## TASK
Each line below with the string "InterfaceVersion" should be copied.

## INFORMATION PROVIDED
»»

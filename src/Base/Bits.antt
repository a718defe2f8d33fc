-- ===== src/Base/Bits.antt =====
-- The bit operations at variables: `|` of disjoint fields, `&` with a mask of low bits, and `^`.
mod Digits
use Digits.{bit_and_digit, bit_or_digit, bit_xor_digit}
use Prim.Native.Nat.{ℕ, zero, suc, ◌+◌, ◌*◌, ◌/◌, ◌%◌, ◌^◌, ◌≤◌, ◌<◌, bit_and, bit_or, bit_xor}
use Prim.Native.Nat.{bit_or-bitwise, bit_xor-bitwise}
use mathlib.Core.Path.{◌≡◌, refl, ap, ◌∙◌, sym}
use native.Mathlib.Nat.{
  pow-suc, one-le-pow, mod-lt, mod-eq_of_lt, mul-add-mod_self_right, div-add-mod',
}
use native.Mathlib.Omega.{arith}

bit_or-zero_upto : (n a : ℕ) → a ≤ n → bit_or a 0 ≡ a
bit_or-zero_upto n zero h = refl
bit_or-zero_upto zero (suc a) h = absurd (omega arith)
bit_or-zero_upto (suc n) (suc a) h =
    omega (arith, bit_or_digit (suc a) 0, bit_or-zero_upto n (suc a / 2) (omega arith))

bit_and-zero_upto : (n a : ℕ) → a ≤ n → bit_and a 0 ≡ 0
bit_and-zero_upto n zero h = refl
bit_and-zero_upto zero (suc a) h = absurd (omega arith)
bit_and-zero_upto (suc n) (suc a) h =
    omega (arith, bit_and_digit (suc a) 0, bit_and-zero_upto n (suc a / 2) (omega arith))

bit_or-zero : (a : ℕ) → bit_or a 0 ≡ a
bit_or-zero a = bit_or-zero_upto a a (omega arith)

zero-bit_or : (a : ℕ) → bit_or 0 a ≡ a
zero-bit_or a = bit_or-bitwise 0 a

shift_once : (q k : ℕ) → q * 2 ^ suc k ≡ q * 2 ^ k * 2
shift_once q k = omega (arith, ap (λ (t : ℕ). q * t) (pow-suc 2 k))

-- `r | (q << k)` is a sum where `r` fits in `k` bits.
pub bit_or_high : (k q r : ℕ) → r < 2 ^ k → bit_or r (q * 2 ^ k) ≡ r + q * 2 ^ k
bit_or_high zero q zero h = ground (arith, zero-bit_or (q * 1))
bit_or_high zero q (suc r) h = absurd (omega arith)
bit_or_high (suc k) q r h = ground (
  arith,
  shift_once q k,
  bit_or_digit r (q * 2 ^ suc k),
  pow-suc 2 k,
  bit_or_high k q (r / 2) (omega (arith, pow-suc 2 k)),
)

-- So is `(q << k) | r`.
pub bit_or_low : (k q r : ℕ) → r < 2 ^ k → bit_or (q * 2 ^ k) r ≡ q * 2 ^ k + r
bit_or_low zero q zero h = ground (arith, bit_or-zero (q * 1))
bit_or_low zero q (suc r) h = absurd (omega arith)
bit_or_low (suc k) q r h = ground (
  arith,
  shift_once q k,
  bit_or_digit (q * 2 ^ suc k) r,
  pow-suc 2 k,
  bit_or_low k q (r / 2) (omega (arith, pow-suc 2 k)),
)

-- `2 ^ k - 1`
abbrev pub ones : ℕ → ℕ
ones zero = 0
ones (suc k) = ones k * 2 + 1

-- The remainder by `2 ^ (k + 1)` from that of the upper digits.
mod_double : (a k : ℕ) → a % 2 ^ suc k ≡ a / 2 % 2 ^ k * 2 + a % 2
mod_double a k =
    ap (λ (t : ℕ). t % 2 ^ suc k) (sym whole)
    ∙ mul-add-mod_self_right (a / 2 / 2 ^ k) (2 ^ suc k) _
    ∙ mod-eq_of_lt bound
  where
    bound : a / 2 % 2 ^ k * 2 + a % 2 < 2 ^ suc k
    bound = omega (arith, pow-suc 2 k, one-le-pow k 2, mod-lt (a / 2) {m = 2 ^ k})

    whole : a / 2 / 2 ^ k * 2 ^ suc k + (a / 2 % 2 ^ k * 2 + a % 2) ≡ a
    whole = omega (arith, shift_once (a / 2 / 2 ^ k) k, div-add-mod' (a / 2) (2 ^ k))

-- `a & (2 ^ k - 1)` is the remainder by `2 ^ k`.
pub bit_and-ones : (k a : ℕ) → bit_and a (ones k) ≡ a % 2 ^ k
bit_and-ones zero a = omega (arith, bit_and-zero_upto a a (omega arith))
bit_and-ones (suc k) a =
    ground (arith, bit_and_digit a (ones k * 2 + 1), bit_and-ones k (a / 2), mod_double a k)

-- `a & 0x20` is bit 5 of `a`, at its place.
pub bit_and_32 : (a : ℕ) → bit_and a 0x20 ≡ a / 2 ^ 5 % 2 * 2 ^ 5
bit_and_32 a = omega (
  arith,
  bit_and_digit a 32,
  bit_and_digit (a / 2) 16,
  bit_and_digit (a / 2 / 2) 8,
  bit_and_digit (a / 2 / 2 / 2) 4,
  bit_and_digit (a / 2 / 2 / 2 / 2) 2,
  bit_and-ones 1 (a / 2 / 2 / 2 / 2 / 2),
)

-- `^` stays within `k` bits.
pub bit_xor-lt : (k a b : ℕ) → a < 2 ^ k → b < 2 ^ k → bit_xor a b < 2 ^ k
bit_xor-lt zero zero zero h j = omega (arith, bit_xor-bitwise 0 0)
bit_xor-lt zero zero (suc b) h j = absurd (omega arith)
bit_xor-lt zero (suc a) b h j = absurd (omega arith)
bit_xor-lt (suc k) a b h j = omega (
  arith,
  pow-suc 2 k,
  bit_xor_digit a b,
  bit_xor-lt k (a / 2) (b / 2) (omega (arith, pow-suc 2 k)) (omega (arith, pow-suc 2 k)),
)

-- Bit `k` of `a ^ b` is set where it is the top bit of `b` and above all bits of `a`.
pub le-bit_xor : (k a b : ℕ) → a < 2 ^ k → 2 ^ k ≤ b → 2 ^ k ≤ bit_xor a b
le-bit_xor zero zero b h j = omega (arith, bit_xor-bitwise 0 b)
le-bit_xor zero (suc a) b h j = absurd (omega arith)
le-bit_xor (suc k) a b h j = omega (
  arith,
  pow-suc 2 k,
  bit_xor_digit a b,
  le-bit_xor k (a / 2) (b / 2) (omega (arith, pow-suc 2 k)) (omega (arith, pow-suc 2 k)),
)

-- `^ c` can be undone.
pub bit_xor_cancel : (k a b c : ℕ) → a < 2 ^ k → b < 2 ^ k → bit_xor a c ≡ bit_xor b c → a ≡ b
bit_xor_cancel zero a b c h j e = omega arith
bit_xor_cancel (suc k) a b c h j e = omega (
  arith,
  pow-suc 2 k,
  bit_xor_digit a c,
  bit_xor_digit b c,
  bit_xor_cancel k (a / 2) (b / 2) (c / 2) (omega (arith, pow-suc 2 k)) (omega (arith, pow-suc 2 k))
      (omega (arith, bit_xor_digit a c, bit_xor_digit b c)),
)

-- So can `c ^`.
pub bit_xor_cancel_left : (k a b c : ℕ) → a < 2 ^ k → b < 2 ^ k → bit_xor c a ≡ bit_xor c b → a ≡ b
bit_xor_cancel_left zero a b c h j e = omega arith
bit_xor_cancel_left (suc k) a b c h j e = omega (
  arith,
  pow-suc 2 k,
  bit_xor_cancel_left k (a / 2) (b / 2) (c / 2) (omega (arith, pow-suc 2 k))
      (omega (arith, pow-suc 2 k)) (omega (arith, bit_xor_digit c a, bit_xor_digit c b)),
  bit_xor_digit c a,
  bit_xor_digit c b,
)
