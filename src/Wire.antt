-- ===== src/Wire.antt =====
-- include/afi920_driver/parsers/endian_util.hpp, and the pack helpers of interface/bts_iso23150.h.
-- A pointer is the list of the bytes from there on, `p + n` is `drop n p`, and a byte is a number
-- below 256. A packed integer is the list of the bytes that the helper stores.
pub mod Total
pub mod RoundTrip
use afi920_ros2_driver.Base.{ℕ, ◌+◌, ◌*◌, ◌/◌, ◌%◌, ◌^◌, ◌<◌, bit_and, bit_or, List, [], ◌∷◌}
use afi920_ros2_driver.Base.{Access, ok, ◌>>=◌, byte_at}

abbrev pub IsByte : ℕ → Type 0
IsByte b = b < 256

-- `static_cast<uint32_t>(x) << k` and `static_cast<uint64_t>(x) << k`
abbrev pub shl32 : ℕ → ℕ → ℕ
shl32 x k = x * 2 ^ k % 2 ^ 32

abbrev pub shl64 : ℕ → ℕ → ℕ
shl64 x k = x * 2 ^ k % 2 ^ 64

-- The expressions of the unpack helpers, over the bytes that they read.
unfoldable pub join_be16 : ℕ → ℕ → ℕ
join_be16 a b = bit_or (a * 2 ^ 8) b % 2 ^ 16

unfoldable pub join_be32 : ℕ → ℕ → ℕ → ℕ → ℕ
join_be32 a b c d = bit_or (bit_or (bit_or (shl32 a 24) (shl32 b 16)) (shl32 c 8)) d

unfoldable pub join_le16 : ℕ → ℕ → ℕ
join_le16 a b = bit_or a (b * 2 ^ 8) % 2 ^ 16

unfoldable pub join_le32 : ℕ → ℕ → ℕ → ℕ → ℕ
join_le32 a b c d = bit_or (bit_or (bit_or a (shl32 b 8)) (shl32 c 16)) (shl32 d 24)

unfoldable pub join_le64 : ℕ → ℕ → ℕ → ℕ → ℕ → ℕ → ℕ → ℕ → ℕ
join_le64 a b c d e f g h =
    bit_or
      (bit_or
        (bit_or
          (bit_or (bit_or (bit_or (bit_or a (shl64 b 8)) (shl64 c 16)) (shl64 d 24)) (shl64 e 32))
          (shl64 f 40))
        (shl64 g 48))
      (shl64 h 56)

unfoldable pub unpack_be16 : List ℕ → Access ℕ
unpack_be16 p = do a ← byte_at p 0; b ← byte_at p 1; ok (join_be16 a b)

unfoldable pub unpack_be32 : List ℕ → Access ℕ
unpack_be32 p = do
  a ← byte_at p 0
  b ← byte_at p 1
  c ← byte_at p 2
  d ← byte_at p 3
  ok (join_be32 a b c d)

unfoldable pub unpack_le16 : List ℕ → Access ℕ
unpack_le16 p = do a ← byte_at p 0; b ← byte_at p 1; ok (join_le16 a b)

unfoldable pub unpack_le32 : List ℕ → Access ℕ
unpack_le32 p = do
  a ← byte_at p 0
  b ← byte_at p 1
  c ← byte_at p 2
  d ← byte_at p 3
  ok (join_le32 a b c d)

unfoldable pub unpack_le64 : List ℕ → Access ℕ
unpack_le64 p = do
  a ← byte_at p 0
  b ← byte_at p 1
  c ← byte_at p 2
  d ← byte_at p 3
  e ← byte_at p 4
  f ← byte_at p 5
  g ← byte_at p 6
  h ← byte_at p 7
  ok (join_le64 a b c d e f g h)

-- A `float` is its bit pattern: `memcpy` keeps the bits.
unfoldable pub unpack_le_f32 : List ℕ → Access ℕ
unfolding unpack_le32
unpack_le_f32 p = do u ← unpack_le32 p; ok u

-- `(uint8_t)((v >> k) & 0xFF)`
abbrev pub byte_of : ℕ → ℕ → ℕ
byte_of v k = bit_and (v / 2 ^ k) 0xff % 256

unfoldable pub pack_be16 : ℕ → List ℕ
pack_be16 v = byte_of v 8 ∷ byte_of v 0 ∷ []

unfoldable pub pack_be32 : ℕ → List ℕ
pack_be32 v = byte_of v 24 ∷ byte_of v 16 ∷ byte_of v 8 ∷ byte_of v 0 ∷ []

unfoldable pub pack_le16 : ℕ → List ℕ
pack_le16 v = byte_of v 0 ∷ byte_of v 8 ∷ []

unfoldable pub pack_le32 : ℕ → List ℕ
pack_le32 v = byte_of v 0 ∷ byte_of v 8 ∷ byte_of v 16 ∷ byte_of v 24 ∷ []

unfoldable pub pack_le64 : ℕ → List ℕ
pack_le64 v =
    byte_of v 0
    ∷ byte_of v 8
    ∷ byte_of v 16
    ∷ byte_of v 24
    ∷ byte_of v 32
    ∷ byte_of v 40
    ∷ byte_of v 48
    ∷ byte_of v 56
    ∷ []

-- `bts_pack_u64` of a big-endian build.
unfoldable pub pack_be64 : ℕ → List ℕ
pack_be64 v =
    byte_of v 56
    ∷ byte_of v 48
    ∷ byte_of v 40
    ∷ byte_of v 32
    ∷ byte_of v 24
    ∷ byte_of v 16
    ∷ byte_of v 8
    ∷ byte_of v 0
    ∷ []
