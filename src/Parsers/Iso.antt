-- ===== src/Parsers/Iso.antt =====
-- The common interface header of ISO 23150, which the three payloads begin with. The three message
-- structures of include/afi920_driver/interface and the three parsers repeat it field by field.
pub mod Header
use afi920_ros2_driver.Base.{drop, Access, ok, ◌>>=◌, byte_at, ℕ, List}
use afi920_ros2_driver.Wire.{unpack_le32, unpack_le64}

pub record InterfaceVersion : Type 0 where
  pub major : ℕ
  pub minor : ℕ
  pub patch : ℕ

pub record InterfaceHeader : Type 0 where
  pub interface_version : InterfaceVersion
  pub interface_id : ℕ
  pub num_serving_sensors : ℕ
  pub sensor_id : ℕ
  pub timestamp : ℕ
  pub message_counter : ℕ
  pub interface_cycle_time : ℕ
  pub interface_cycle_time_variation : ℕ
  pub data_qualifier : ℕ

-- All zero, as after `memset`.
abbrev pub zero_interface_header : InterfaceHeader
zero_interface_header = record {
  interface_version = record { major = 0; minor = 0; patch = 0 };
  interface_id = 0;
  num_serving_sensors = 0;
  sensor_id = 0;
  timestamp = 0;
  message_counter = 0;
  interface_cycle_time = 0;
  interface_cycle_time_variation = 0;
  data_qualifier = 0;
}

abbrev pub common_header_size : ℕ
common_header_size = 24

unfoldable pub parse_interface_header : List ℕ → Access InterfaceHeader
parse_interface_header p = do
  major ← byte_at p 0
  minor ← byte_at p 1
  patch ← byte_at p 2
  interface_id ← byte_at p 3
  num_serving_sensors ← byte_at p 4
  sensor_id ← byte_at p 5
  timestamp ← unpack_le64 (drop 6 p)
  message_counter ← unpack_le32 (drop 14 p)
  interface_cycle_time ← unpack_le32 (drop 18 p)
  interface_cycle_time_variation ← byte_at p 22
  data_qualifier ← byte_at p 23
  ok (record {
    interface_version = record { major = major; minor = minor; patch = patch };
    interface_id = interface_id;
    num_serving_sensors = num_serving_sensors;
    sensor_id = sensor_id;
    timestamp = timestamp;
    message_counter = message_counter;
    interface_cycle_time = interface_cycle_time;
    interface_cycle_time_variation = interface_cycle_time_variation;
    data_qualifier = data_qualifier;
  })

««

## SOLUTION FOR THIS PROBLEM
pub record InterfaceVersion : Type 0 where
  pub interface_version : InterfaceVersion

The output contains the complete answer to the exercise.